# I think i'm in a metal band \m/



## Leon (May 13, 2006)

so, i got an email tuesday of this week from a guy in this band:

http://www.myspace.com/lateralfold

...and we jammed tonight. we nailed the one tune "mending the seems" and fucking wrote a new song. how sweet is that?

they all loved my tone, too! my Nomad was cranked the whole night (which means it was above ~2 ). they said that i sound WAY better than the last guy, who apparently "had some Line6 piece of junk."  i didn't even bother to take my six, which worked out well, since they tune down to C#. i just left my RG7621 in B standard and went with it. it rocked.

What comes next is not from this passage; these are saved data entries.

-- ===== src/Redis/Reply/Bounds.antt =====
-- redis/parser.go: a reply takes bytes off the connection at every level of nesting, so that the
-- fuel of `parse_reply` is enough.
use smartproxy.Common.{
  ℕ, zero, suc, ◌+◌, ◌-◌, ◌≤◌, ◌≡◌, refl, ap, Bool, true, false, [], ◌∷◌, Bytes, codes, ltb, ◌==◌,
  if◌then◌else◌, arith, length, take, Bool-cases, inl, inr, bytes_eq,
}
use smartproxy.Common.Int.{ℤ, pos, negsuc}
use smartproxy.Text.{Parsed, num, bad_syntax, out_of_range, parse_int, atoi}
use smartproxy.Wire.{
  Reader, Outcome, ok, failed, panicked, ◌>>=◌, Cut, found, full, ended, keep, cut_line,
}
use smartproxy.Wire.Safety.{left, left-bind, length-drop_le, cut_left, cut_left_pred}
use smartproxy.Redis.Format.{Value, Values, cons}
use smartproxy.Redis.Reply.{
  Got, got_str, got_multi, put_back, last_line, line_of, read_line, read_n, is_too_long, read_bulk,
  is_nil, as_element, number_reply, bulk_reply, multi_reply, on_reply, parse_with, slice_loop,
  parse_slice, parse_nested,
}

-- What is put back was read before.
full_left : (n : ℕ) (s rest : Bytes) → cut_line n s ≡ full rest → length rest + n ≤ length s
unfolding cut_line
full_left zero s rest h = ground arith
full_left (suc n) [] rest h = cc
full_left (suc n) (c ∷ s) rest h = elim (Bool-cases (c == 10)) [
  | inl e ↦ cc (rw e at h)
  | inr e ↦
      let more = full-keep c (cut_line n s) rest (rw e at h) in
      omega (arith, full_left n s rest more)
]
  where
    full-keep : (c : ℕ) (u : Cut) (rest : Bytes) → keep c u ≡ full rest → u ≡ full rest
    full-keep c (found line s) rest h = unfold keep in cc
    full-keep c (full s) rest h = unfold keep in cc
    full-keep c ended rest h = unfold keep in cc

length-put_back : (line rest : Bytes) → length (put_back line rest) ≤ length rest + 1
unfolding put_back
length-put_back [] rest = omega arith
length-put_back (c ∷ []) rest = ground arith
length-put_back (c ∷ d ∷ s) rest = length-put_back (d ∷ s) rest

left-line_of :
    (r : Reader) (u : Cut) → cut_line 4096 r.unread ≡ u → left (line_of r u) ≤ length r.unread - 1
unfolding line_of
left-line_of r (found line rest) h =
    let shorter = ap cut_left h in omega (arith, shorter, cut_left_pred 4095 r.unread)
left-line_of r (full rest) h =
    omega (arith, length-put_back (take 4096 r.unread) rest, full_left 4096 r.unread rest h)
left-line_of r ended h = go r.unread r refl
  where
    go : (s : Bytes) (r : Reader) → r.unread ≡ s → left (last_line s r) ≤ length r.unread - 1
    go [] r h = unfold last_line in rw h (omega arith)
    go (c ∷ s) r h = unfold last_line in omega arith

pub left-read_line : (r : Reader) → left (read_line r) ≤ length r.unread - 1
unfolding read_line
left-read_line r = left-line_of r (cut_line 4096 r.unread) refl

left-read_n : (n : ℕ) (r : Reader) → left (read_n n r) ≤ length r.unread
unfolding read_n
left-read_n n r = elim (Bool-cases (ltb (length r.unread) n)) [
  | inl e ↦ rw e (omega arith)
  | inr e ↦ rw e (length-drop_le n r.unread)
]

left-if {ℓ} :
    {A : Type ℓ} (b : Bool) (x y : Outcome A) (n : ℕ)
    → left x ≤ n
    → left y ≤ n
    → left (if b then x else y) ≤ n
left-if true x y n hx hy = hx
left-if false x y n hx hy = hy

left-read_bulk : (n : ℕ) (r : Reader) → left (read_bulk n r) ≤ length r.unread
unfolding read_bulk
left-read_bulk n r =
    left-if (is_too_long n (length r.unread)) panicked (read_n (n + 2) r) (length r.unread)
      (omega arith) (left-read_n (n + 2) r)

-- A parser that takes no byte more than there is.
abbrev pub Takes : {A : Type 0} → (Reader → Outcome A) → Type 0
Takes p = (r : Reader) → left (p r) ≤ length r.unread

module _ (sprintf : Bytes → Bytes) where
  module _ {A : Type 0} (p : ℤ → Reader → Outcome A) (takes : (n : ℤ) → Takes (p n)) where
    left-number_reply :
        (digits : Bytes) (n : Parsed) (r : Reader)
        → left (number_reply sprintf p digits n r) ≤ length r.unread
    unfolding number_reply
    left-number_reply digits bad_syntax r = omega arith
    left-number_reply digits out_of_range r = omega arith
    left-number_reply digits (num v) r = omega arith

    left-bulk_reply :
        (digits : Bytes) (n : Parsed) (r : Reader)
        → left (bulk_reply sprintf p digits n r) ≤ length r.unread
    unfolding bulk_reply
    left-bulk_reply digits bad_syntax r = omega arith
    left-bulk_reply digits out_of_range r = omega arith
    left-bulk_reply digits (num (negsuc (suc n))) r = omega arith
    left-bulk_reply digits (num (negsuc zero)) r = omega (
      arith,
      left-bind (read_n 1 r) (λ (b : Bytes) (s : Reader). let q : Outcome (Got A) = panicked in q)
          (λ b s. omega arith),
      left-read_n 1 r,
    )
    left-bulk_reply digits (num (pos n)) r = omega (
      arith,
      left-bind (read_bulk n r)
          (λ (b : Bytes) (s : Reader). let q : Outcome (Got A) = ok (got_str (take n b)) s in q)
          (λ b s. omega arith),
      left-read_bulk n r,
    )

    left-multi_reply :
        (digits : Bytes) (n : Parsed) (r : Reader)
        → left (multi_reply sprintf p digits n r) ≤ length r.unread
    unfolding multi_reply
    left-multi_reply digits bad_syntax r = omega arith
    left-multi_reply digits out_of_range r = omega arith
    left-multi_reply digits (num v) r = omega (
      arith,
      left-bind (p v r) (λ (a : A) (s : Reader). ok (got_multi a) s) (λ a s. omega arith),
      takes v r,
    )

    left-on_reply : (line : Bytes) (r : Reader) → left (on_reply sprintf p line r) ≤ length r.unread
    unfolding on_reply
    left-on_reply [] r = omega arith
    left-on_reply (c ∷ s) r =
        let n = length r.unread in
        left-if (c == b'-') _ _ n (omega arith) (
          left-if (c == b'+') _ _ n (omega arith) (
            left-if (c == b':') _ _ n (left-number_reply s (parse_int 64 s) r) (
              left-if (c == b'$') _ _ n
                (left-if (bytes_eq s (codes "-1")) _ _ n (omega arith)
                  (left-bulk_reply s (atoi s) r))
                (left-if (c == b'*') _ _ n
                  (left-if (bytes_eq s (codes "-1")) _ _ n (omega arith)
                    (left-multi_reply s (parse_int 64 s) r))
                  (omega arith)))))

    -- A call of `parseReply` takes at least one byte, if there is one.
    pub left-parse_with : (r : Reader) → left (parse_with sprintf p r) ≤ length r.unread - 1
    unfolding parse_with
    left-parse_with r =
        omega (arith, left-bind (read_line r) (on_reply sprintf p) left-on_reply, left-read_line r)

  pub left-as_element : (o : Outcome (Got Values)) → left (as_element o) ≤ left o
  unfolding as_element
  left-as_element (ok g r) = omega arith
  left-as_element panicked = omega arith
  left-as_element (failed e r) = elim (Bool-cases (is_nil e)) [
    | inl h ↦ rw h (omega arith)
    | inr h ↦ rw h (omega arith)
  ]

  left-slice_loop :
      (rec : Reader → Outcome (Got Values)) → Takes rec → (n : ℕ) → Takes (slice_loop sprintf rec n)
  unfolding slice_loop
  left-slice_loop rec takes zero r = omega arith
  left-slice_loop rec takes (suc n) r = omega (
    arith,
    left-bind (as_element (rec r))
        (λ (v : Value) (s : Reader).
          slice_loop sprintf rec n s >>= λ (vs : Values) (t : Reader). ok (cons v vs) t)
        (λ v s. omega (
          arith,
          left-bind (slice_loop sprintf rec n s) (λ (vs : Values) (t : Reader). ok (cons v vs) t)
              (λ vs t. omega arith),
          left-slice_loop rec takes n s,
        )),
    left-as_element (rec r),
    takes r,
  )

  module _ (max_cap : ℕ) where
    left-parse_slice :
        (rec : Reader → Outcome (Got Values))
        → Takes rec
        → (n : ℤ) → Takes (parse_slice sprintf max_cap rec n)
    unfolding parse_slice
    left-parse_slice rec takes (negsuc n) r = omega arith
    left-parse_slice rec takes (pos n) r =
        left-if (ltb max_cap n) _ _ (length r.unread) (omega arith) (left-slice_loop rec takes n r)

    pub Takes-parse_nested : (fuel : ℕ) → Takes (parse_nested sprintf max_cap fuel)
    unfolding parse_nested
    Takes-parse_nested zero r = omega arith
    Takes-parse_nested (suc fuel) r =
        let slice = parse_slice sprintf max_cap (parse_nested sprintf max_cap fuel) in
        omega (
          arith,
          left-parse_with slice
              (left-parse_slice (parse_nested sprintf max_cap fuel) (Takes-parse_nested fuel)) r,
        )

the drive to the practice space was about 45 minutes, but they're transplanting to my town, so that's cool. either way, i'm still fuck'n wired as all hell


----------



## Donnie (May 13, 2006)

Nice.


----------



## Naren (May 13, 2006)

Sweet.


----------



## The Dark Wolf (May 13, 2006)

I've seen these guys' ads around. So you went and checked' em out, huh? Good for you.


----------



## 7slinger (May 13, 2006)




----------



## bostjan (May 13, 2006)

keep me posted!


----------



## zimbloth (May 13, 2006)

get them to tune down to B like men


----------



## angryman (May 13, 2006)

I'm pleased for you dude


----------



## metalfiend666 (May 13, 2006)

zimbloth said:


> get them to tune down to B like men


 
No, no, no. Get them to buy 7 strings and sign up here. Then they'll be real men.

Congrats Leon!


----------



## Ken (May 13, 2006)

Yes, congrats.


----------



## Leon (May 13, 2006)

thanks guys! i'm at work and tired as shit from last night, but i'm still stoked 

i'm the only guitar player in the band, so the most i could do is either get the bassist to tune down, or get him to get a 5 string in B standard. either way, i'll try and get them signed up at some point.


----------



## Chris (May 13, 2006)

Sweet!


----------



## noodles (May 14, 2006)

Congrats, dude.


----------



## giannifive (May 14, 2006)

Congrats, man!


----------



## Shawn (May 14, 2006)

Awesome, Leon, that's great news, congrats and good luck!


----------



## David (May 14, 2006)

dude, I really like that bands sound. Awesome gig you got there!


----------